Yes, the counter sink hole in one of the corners of the mounting plate is a mistake. It was very late and I was tired. Fortunately, I caught it before I finished sinking it. I thought about making a new plate, but decided since it would be facing the column, not visible, and did not affect the strength of the mount to any great extent, I decided against making a new plate.

Next comes the electrical mods. This is probably the most difficult part of the conversion. There are two ways to do the wiring. Since the lift motor is a 120v AC motor, I need to be able to provide 120v to the motor. The mill comes wired 240v AC three wire. That means two hot legs and a ground. I either have to provide a separate 120v AC power cord for the lift motor, or modify the mills wiring to use 240v AC 4 wire. Which is two hot legs, a common, and a ground. Since I do not want to mess with the factory wiring, I will be installing a 8"x6"x4" NEMAa box on the rear of the mill where I will bring in the 240v AC four wire, then break out the two hot legs and a ground to power the mills factory electrics. Then I will tap off 120v AC from the 4 wire to power the lift head. I will also be installing a couple of receptacles in the sides of the NEMA box to provide power to the powered cross feed. I got that idea from another post on this forum.(thanks sanddan!) 

I figured out that I can reverse the motor by using a 4PDT center off toggle switch. The switch I purchased is a center off, spring loaded on on. The spring returns the switch to the off position when I release it. I will need to provide 6 wires to the switch. Two of the wires provide the power, the remaining four take care of providing power to the motor and reversing motor direction. I had to order a new NEMA box since I did not have one of suitable size for this project. Hopefully early next week the box will be in and I can install the electrical.

Well, this has been quite a long post. Hope you enjoy the pictures.

Mitch


----------



## mskobier (Jul 19, 2013)

All,
   Sorry I have not posted much on the powered head lift mod. I had to replace the roof on my home and garage over the past couple of weeks. I sure am glad that job is finished. Nothing like stripping shingles during 100 degree days!

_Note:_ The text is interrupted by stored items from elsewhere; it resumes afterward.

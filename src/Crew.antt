-- ===== src/Crew.antt =====
-- Crew rooms: named directories of devices that share a ride, in
-- apps/server/src/balloon_crumbs_server/service.py.
pub mod Records
pub mod Tables
pub mod Counts
pub mod Owners
pub mod Access
pub mod Rows
pub mod Handler
pub mod Invariant
pub mod Authorised
pub mod Keeps
pub mod Led
pub mod Arrivals
pub mod Calls
pub mod Revoked
pub mod Refused
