-- ===== src/Text/Strip.antt =====
-- `str.strip` and the slice `s[:n]`.
use Prim.Native.Char.{code}
use balloon_crumbs.Prelude.{ℕ, zero, suc, String, Bool, ◌&&◌, ◌||◌, leb, ◌==◌, if◌then◌else◌}

-- The code points that `str.isspace` accepts.
unfoldable pub is_space : ℕ → Bool
is_space c =
    (leb 9 c && leb c 13)
    || (leb 28 c && leb c 32)
    || c == 0x85
    || c == 0xa0
    || c == 0x1680
    || (leb 0x2000 c && leb c 0x200a)
    || c == 0x2028
    || c == 0x2029
    || c == 0x202f
    || c == 0x205f
    || c == 0x3000

unfoldable pub lstrip : String → String
unfolding is_space
lstrip String.[] = ""
lstrip (String.◌∷◌ c s) = let rest = lstrip s in if is_space (code c) then rest else String.◌∷◌ c s

unfoldable pub rstrip_space : String → String
unfolding is_space
rstrip_space String.[] = ""
rstrip_space (String.◌∷◌ c s) =
    let rest = rstrip_space s in
    elim rest [
      | String.[] ↦ if is_space (code c) then "" else String.◌∷◌ c ""
      | String.◌∷◌ e r ↦ String.◌∷◌ c (String.◌∷◌ e r)
    ]

unfoldable pub strip : String → String
unfolding lstrip rstrip_space
strip s = rstrip_space (lstrip s)

-- `s[:n]`
unfoldable pub prefix_text : ℕ → String → String
prefix_text zero s = ""
prefix_text (suc n) String.[] = ""
prefix_text (suc n) (String.◌∷◌ c s) = String.◌∷◌ c (prefix_text n s)
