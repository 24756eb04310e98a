-- ===== src/JoinCode/Records.antt =====
-- The encrypted record of a ride code and the checks on it: `_validate_join_code`,
-- `_validate_join_credential`, `_join_code_aad` and the validations of `resolve_join_code`
-- (apps/server/src/balloon_crumbs_server/service.py).
use balloon_crumbs.Prelude.{
  ℕ, String, Bool, true, not, ◌&&◌, Option, none, some, List, leb, ◌==◌, all,
}
use balloon_crumbs.Result.{
  Fault, relay_service_error, Result, ok, err, ◌>>=◌, ◌>>◌, reject, or_raise, except_value_error,
}
use balloon_crumbs.Json.{Value, null, text, object, Fields, end, field, get, as_text}
use balloon_crumbs.Models.{RideJoinCode}
use balloon_crumbs.Text.{codes, text_len, utf8, is_identifier, is_base64url_text}
use balloon_crumbs.Text.Parts.{append}
use balloon_crumbs.Env.{Env}
use balloon_crumbs.Crypto.{base64url, compare_text, token_hash, encrypt_json, decrypt_json}

-- the arguments of `register_join_code`
pub record Registration : Type 0 where
  pub ride_code : String
  pub ride_id : String
  pub invite_secret : String
  pub bearer_token : String
  pub resolve_token : String
  pub authority_root_public_key : Option String

-- what `resolve_join_code` returns
pub record Resolved : Type 0 where
  pub ride_id : String
  pub ride_code : String
  pub invite_secret : String
  pub resolve_token : String
  pub authority_root_public_key : Option String

unfoldable pub join_code_aad : String → List ℕ
join_code_aad ride_code = utf8 (append "join-code:" ride_code)

-- `16 <= len(text) <= most`
abbrev pub has_length : ℕ → String → Bool
has_length most s = leb 16 (text_len s) && leb (text_len s) most

-- `re.fullmatch(r"[A-Za-z0-9_-]{43}", key)`
abbrev pub is_public_key : String → Bool
is_public_key key = is_base64url_text 43 key

-- a key that is missing or well formed
abbrev pub accepts_key : Option String → Bool
accepts_key none = true
accepts_key (some key) = is_public_key key

abbrev authority_field : Option String → Fields
authority_field none = end
authority_field (some key) = field "authorityRootPublicKey" (text key) end

-- the document that is sealed
unfoldable pub secret_of : Registration → Value
secret_of r = object (
    field "inviteSecret" (text r.invite_secret)
      (field "resolveToken" (text r.resolve_token) (authority_field r.authority_root_public_key)))

abbrev pub invalid_record : Fault
invalid_record = relay_service_error 500 "Ride code record is invalid"

-- the optional key in a stored record
abbrev stored_key : Value → Result (Option String)
stored_key null = ok none
stored_key (text key) = reject (not (is_public_key key)) invalid_record >> ok (some key)
stored_key _ = err invalid_record

-- the secret, the token and the key in a stored record, if they are well formed
unfoldable pub read_record : String → String → Value → Result Resolved
read_record ride_id ride_code (object fs) = do
  secret ← or_raise (as_text (get "inviteSecret" fs)) invalid_record
  reject (not (has_length 512 secret)) invalid_record
  token ← or_raise (as_text (get "resolveToken" fs)) invalid_record
  reject (not (has_length 128 token)) invalid_record
  key ← stored_key (get "authorityRootPublicKey" fs)
  ok (record {
    ride_id = ride_id;
    ride_code = ride_code;
    invite_secret = secret;
    resolve_token = token;
    authority_root_public_key = key;
  })
read_record ride_id ride_code _ = err invalid_record

-- `resolve_token is not None and not hmac.compare_digest(stored, given)`
unfoldable pub check_resolve_token : Option String → String → Result (Unit {0})
check_resolve_token none stored = ok tt
check_resolve_token (some given) stored = do
  same ← compare_text stored given
  reject (not same) (relay_service_error 404 "Ride code is not active")

module _ (env : Env) where
  -- `\d{6}`, whose digits are those of every script
  unfoldable pub is_join_code : String → Bool
  is_join_code s = text_len s == 6 && all env.is_decimal (codes s)

  unfoldable pub validate_join_code : String → Result (Unit {0})
  unfolding is_join_code
  validate_join_code ride_code =
      reject (not (is_join_code ride_code)) (relay_service_error 400 "Ride code must be six digits")

  unfoldable pub expected_token : String → String → String
  expected_token ride_id invite_secret = append "rr1_" (
      base64url env (
        env.hmac_sha256 (utf8 invite_secret)
          (utf8 (append "balloon-crumbs-internet-token-v1\n" ride_id))))

  unfoldable pub validate_join_credential : String → String → String → Result (Unit {0})
  unfolding expected_token
  validate_join_credential ride_id invite_secret bearer_token = do
    reject (not (is_identifier ride_id)) (relay_service_error 400 "Invalid ride identity")
    reject (not (has_length 512 invite_secret)) (relay_service_error 400 "Invalid ride credential")
    same ← compare_text bearer_token (expected_token ride_id invite_secret)
    reject (not same) (relay_service_error 403 "Ride credential rejected")

  -- the checks before the transaction, with the hash and the ciphertext that they compute
  unfoldable pub check_registration : List ℕ → Registration → Result (List ℕ × List ℕ)
  unfolding validate_join_code validate_join_credential
  check_registration nonce r = do
    validate_join_code r.ride_code
    validate_join_credential r.ride_id r.invite_secret r.bearer_token
    reject (not (has_length 128 r.resolve_token))
        (relay_service_error 400 "Invalid ride credential")
    reject (not (accepts_key r.authority_root_public_key))
        (relay_service_error 400 "Invalid device authority")
    hash ← token_hash env r.bearer_token
    ciphertext ← encrypt_json env nonce (secret_of r) (join_code_aad r.ride_code)
    ok (hash, ciphertext)

  -- what a live record resolves to
  unfoldable pub open_record : String → Option String → RideJoinCode → Result Resolved
  unfolding read_record check_resolve_token
  open_record ride_code resolve_token row = do
    value ←
        except_value_error (decrypt_json env row.secret_ciphertext (join_code_aad ride_code))
          invalid_record
    resolved ← read_record row.ride_id row.code value
    check_resolve_token resolve_token resolved.resolve_token
    ok resolved
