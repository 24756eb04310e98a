-- ===== src/Crew/Records.antt =====
-- The checks on the arguments of the crew room operations, and the encrypted records of a room
-- (apps/server/src/balloon_crumbs_server/service.py, 1206-1371).
use balloon_crumbs.Prelude.{
  ℕ, String, Bool, true, false, not, ◌&&◌, Option, none, some, List, [], ◌∷◌, str_eq, ltb, leb,
  if◌then◌else◌, all, contains,
}
use balloon_crumbs.Result.{
  Fault, relay_service_error, Result, ok, ◌>>=◌, ◌>>◌, reject, or_raise, except_value_error,
}
use balloon_crumbs.Json.{
  Value, null, text, object, Fields, end, field, get, keys, as_text, as_object, is_null,
}
use balloon_crumbs.Models.{CrewRoom, CrewRoomDevice}
use balloon_crumbs.Text.{
  text_len, utf8, compare_digest, is_identifier, is_base64url_text, is_crew_room_alias,
}
use balloon_crumbs.Text.Parts.{append, format, hex}
use balloon_crumbs.Text.Strip.{strip}
use balloon_crumbs.Env.{Env}
use balloon_crumbs.Crypto.{blind_index, decrypt_json}
use balloon_crumbs.JoinCode.Records.{has_length, validate_join_code, validate_join_credential}

abbrev required_fields : List String
required_fields = "rideId" ∷ "rideCode" ∷ "inviteSecret" ∷ "resolveToken" ∷ []

abbrev allowed_fields : List String
allowed_fields = "authorityRootPublicKey" ∷ required_fields

-- `required.issubset(value) and set(value).issubset(allowed)`
unfoldable pub has_operation_fields : Fields → Bool
has_operation_fields fs =
    all (λ k. contains str_eq k (keys fs)) required_fields
    && all (λ k. contains str_eq k allowed_fields) (keys fs)

abbrev is_some_text : Value → Bool
is_some_text (text _) = true
is_some_text _ = false

-- `all(isinstance(value.get(field), str) for field in required_fields)`
unfoldable pub has_operation_texts : Fields → Bool
has_operation_texts fs = all (λ k. is_some_text (get k fs)) required_fields

-- a root key that is missing or well formed
abbrev pub accepts_root : Value → Bool
accepts_root null = true
accepts_root (text key) = is_base64url_text 43 key
accepts_root _ = false

-- The required fields in a fixed order; Python's order of a set differs from run to run.
unfoldable pub clean_operation : Fields → Fields
clean_operation fs = field "rideId" (get "rideId" fs) (
    field "rideCode" (get "rideCode" fs) (
      field "inviteSecret" (get "inviteSecret" fs) (
        field "resolveToken" (get "resolveToken" fs) (
          if is_null (get "authorityRootPublicKey" fs)
          then end
          else field "authorityRootPublicKey" (get "authorityRootPublicKey" fs) end))))

-- a text field that is known to be one
abbrev pub text_of : Value → String
text_of (text s) = s
text_of _ = ""

abbrev invalid_room : Fault
invalid_room = relay_service_error 500 "Crew room record is invalid"

abbrev invalid_device : Fault
invalid_device = relay_service_error 500 "Crew room device record is invalid"

unfoldable pub crew_room_aad : String → String → List ℕ
crew_room_aad room_id value = utf8 (format ("crew-room:" ∷ room_id ∷ ":" ∷ value ∷ []))

unfoldable pub crew_room_device_aad : String → List ℕ → List ℕ
crew_room_device_aad room_id digest =
    utf8 (format ("crew-room:" ∷ room_id ∷ ":device:" ∷ hex digest ∷ []))

-- `{"deviceId": ..., "displayName": ...}`
pub record Profile : Type 0 where
  pub device_id : String
  pub display_name : String

abbrev pub profile_json : Profile → Value
profile_json p =
    object (field "deviceId" (text p.device_id) (field "displayName" (text p.display_name) end))

unfoldable pub validate_crew_room_profile : String → String → Result Profile
validate_crew_room_profile device_id display_name = do
  reject (not (is_identifier device_id))
      (relay_service_error 400 "Crew room device identity is invalid")
  reject (not (leb 1 (text_len (strip display_name)) && leb (text_len (strip display_name)) 80))
      (relay_service_error 400 "Crew room device name is invalid")
  ok (record { device_id = device_id; display_name = strip display_name })

-- what the operations that return a room answer
pub record CrewRoomResponse : Type 0 where
  pub room_id : String
  pub alias : String
  pub device_credential : String
  pub invite_token : Option String
  pub operation_generation : ℕ
  pub operation : Option Fields
  pub operation_expires_at : ℕ
  pub owner : Bool

module _ (env : Env) where
  unfoldable pub normalise_crew_room_alias : String → Result String
  normalise_crew_room_alias alias =
      let normalised = env.upper (strip alias) in
      reject (not (is_crew_room_alias normalised))
        (relay_service_error 400 "Crew room alias must be 5-12 letters or numbers")
      >> ok normalised

  unfoldable pub validate_crew_room_operation : Fields → String → Result Fields
  validate_crew_room_operation operation bearer_token = do
    reject (not (has_operation_fields operation && has_operation_texts operation))
        (relay_service_error 400 "Crew room operation is invalid")
    reject (not (accepts_root (get "authorityRootPublicKey" operation)))
        (relay_service_error 400 "Crew room device authority is invalid")
    validate_join_code env (text_of (get "rideCode" operation))
    validate_join_credential env (text_of (get "rideId" operation))
        (text_of (get "inviteSecret" operation)) bearer_token
    reject (not (has_length 128 (text_of (get "resolveToken" operation))))
        (relay_service_error 400 "Invalid ride credential")
    ok (clean_operation operation)

  unfoldable pub crew_room_alias_digest : String → List ℕ
  crew_room_alias_digest alias = blind_index env alias "crew-room-alias-v1"

  unfoldable pub crew_room_device_digest : String → String → Result (List ℕ)
  crew_room_device_digest room_id device_id =
      reject (not (is_identifier device_id))
        (relay_service_error 400 "Crew room device identity is invalid")
      >> ok (blind_index env device_id (append "crew-room-device-v1:" room_id))

  unfoldable pub decrypt_crew_room_operation : CrewRoom → Result Fields
  decrypt_crew_room_operation room = do
    value ←
        except_value_error
          (decrypt_json env room.operation_ciphertext (crew_room_aad room.id "operation"))
          invalid_room
    fs ← or_raise (as_object value) invalid_room
    reject (not (has_operation_fields fs)) invalid_room
    reject (not (has_operation_texts fs)) invalid_room
    reject (not (accepts_root (get "authorityRootPublicKey" fs))) invalid_room
    ok fs

  unfoldable pub decrypt_crew_room_profile : CrewRoomDevice → Result Profile
  decrypt_crew_room_profile device = do
    value ←
        except_value_error
          (decrypt_json env device.profile_ciphertext
            (crew_room_device_aad device.room_id device.device_digest))
          invalid_device
    fs ← or_raise (as_object value) invalid_device
    device_id ← or_raise (as_text (get "deviceId" fs)) invalid_device
    display_name ← or_raise (as_text (get "displayName" fs)) invalid_device
    ok (record { device_id = device_id; display_name = display_name })

  -- The operation is read only while it is active.
  unfoldable pub active_operation : CrewRoom → ℕ → Result (Option Fields)
  unfolding decrypt_crew_room_operation
  active_operation room now =
      if ltb now room.operation_expires_at
      then (decrypt_crew_room_operation room >>= λ fs. ok (some fs))
      else ok none

  unfoldable pub crew_room_response :
      CrewRoom → String → Option String → List ℕ → ℕ → Result CrewRoomResponse
  unfolding active_operation
  crew_room_response room device_credential invite_token device_digest now = do
    value ←
        except_value_error (decrypt_json env room.alias_ciphertext (crew_room_aad room.id "alias"))
          invalid_room
    fs ← or_raise (as_object value) invalid_room
    alias ← or_raise (as_text (get "alias" fs)) invalid_room
    operation ← active_operation room now
    ok (record {
      room_id = room.id;
      alias = alias;
      device_credential = device_credential;
      invite_token = invite_token;
      operation_generation = room.operation_generation;
      operation = operation;
      operation_expires_at = room.operation_expires_at;
      owner = compare_digest room.owner_device_digest device_digest;
    })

As for the head lift mod, I have changed some of the design criteria. I have decided I want to add limit switches to the electrical circuit. That way I do not have to worry about running out of lead screw and stalling the drive motor. It probably would not hurt anything, but I do not like the possibility of over stressing parts. So with that said, I had to add a pair of contactors to the electrical box on the rear of the mill. The contactors are 24VAC operated, and I will be tapping off the installed work light transformer to supply the power. That way there is only one additional wire running from the control head to the control box. I already have a few sealed industrial limit switch assemblies I picked up at the salvage yard some years ago that will work perfectly! I was able to find a pair of mini contactors on fleabay for not too much money that have plenty of current capability and the 4 necessary NO contacts (poles). They arrived yesterday. Hopefully I can get a bit done on the machine this weekend. I'll post a schematic drawing of the electrical circuit when I get shortly. 

Later
Mitch


----------



## mskobier (Aug 4, 2013)

All,
   I actually got a chance to spend some time on the power head conversion today. It won't be long now. I made up a temporary support for the mill head so I could remove the lead screw and cut the keyway. Getting the lead screw out was quite easy. Hopefully it will go back together just as easy. I verified the dimension of the end of the lead screw. It is .780", or 19.8mm. Seems like an odd dimension to my, but who am I to say? Anyway I'll bore out a.750" ID AL-075 lovejoy coupling to .780" to fit the shaft. This made it necessary to cut the keyway in the shaft about .015" deeper than normal. So instead of .09375", I took it to .109. A little deeper than necessary. I am still learning just how accurate the quill dro is. I took about .010" cuts, and used a fairly slow feed with the power cross feed. Anyway, here are a few pictures of what I have been up to.


Mitch

This is the first keyway cut I have ever made on a mill! I've made many things on the old 9x20 lathe, but the milling machine is a whole new ballgame. This milling stuff could get addictive!!!


----------



## ChipsAlloy! (Aug 7, 2013)

Nice, keep up the good work! 
I am thinking of making a frame similar to what you did for the cast iron base *for* my pm932.


----------



## Ray C (Aug 7, 2013)

When do you get your mill?




ChipsAlloy! said:


> Nice, keep up the good work!
> I am thinking of making a frame similar to what you did for the cast iron base of my pm932.


----------



## ChipsAlloy! (Aug 7, 2013)

Soon I hope!

Ray Sent you an PM , I dont want to polute mskobier's thread!


----------



## mskobier (Aug 9, 2013)

All,
  Just to give an update on the power head lift I have been building, I got the motor installed the other evening and was pleasantly surprised that I could still use the hand crank without much additional force being needed to turn the crank. I also temporarily wired the motor to see how well it was going to work. The hand crank turns about the same speed as if I were turning it by hand and the motor had no problems lifting the head. I checked the amperage necessary to lift the head, and it measured at 1.35 amps. The manufacturers specified max load current for the motor is 1.6 amps. Well within the comfort range of the motor. I tried both up and down, and really did not notice much motor noise difference. It just makes a light hum going up or down. It did coast just a tad when coming to a stop when going down. That was to be expected. At this point I am very happy with my choice of motor. I plan on making a new hand crank shaft that is a little longer so I can make a cogged type of assembly like on the table hand wheels, so I can attach the hand crank when I need to make precise head height adjustments. The hand crank will stay on the tool cart until needed. Now just to finish installing the electrical controls.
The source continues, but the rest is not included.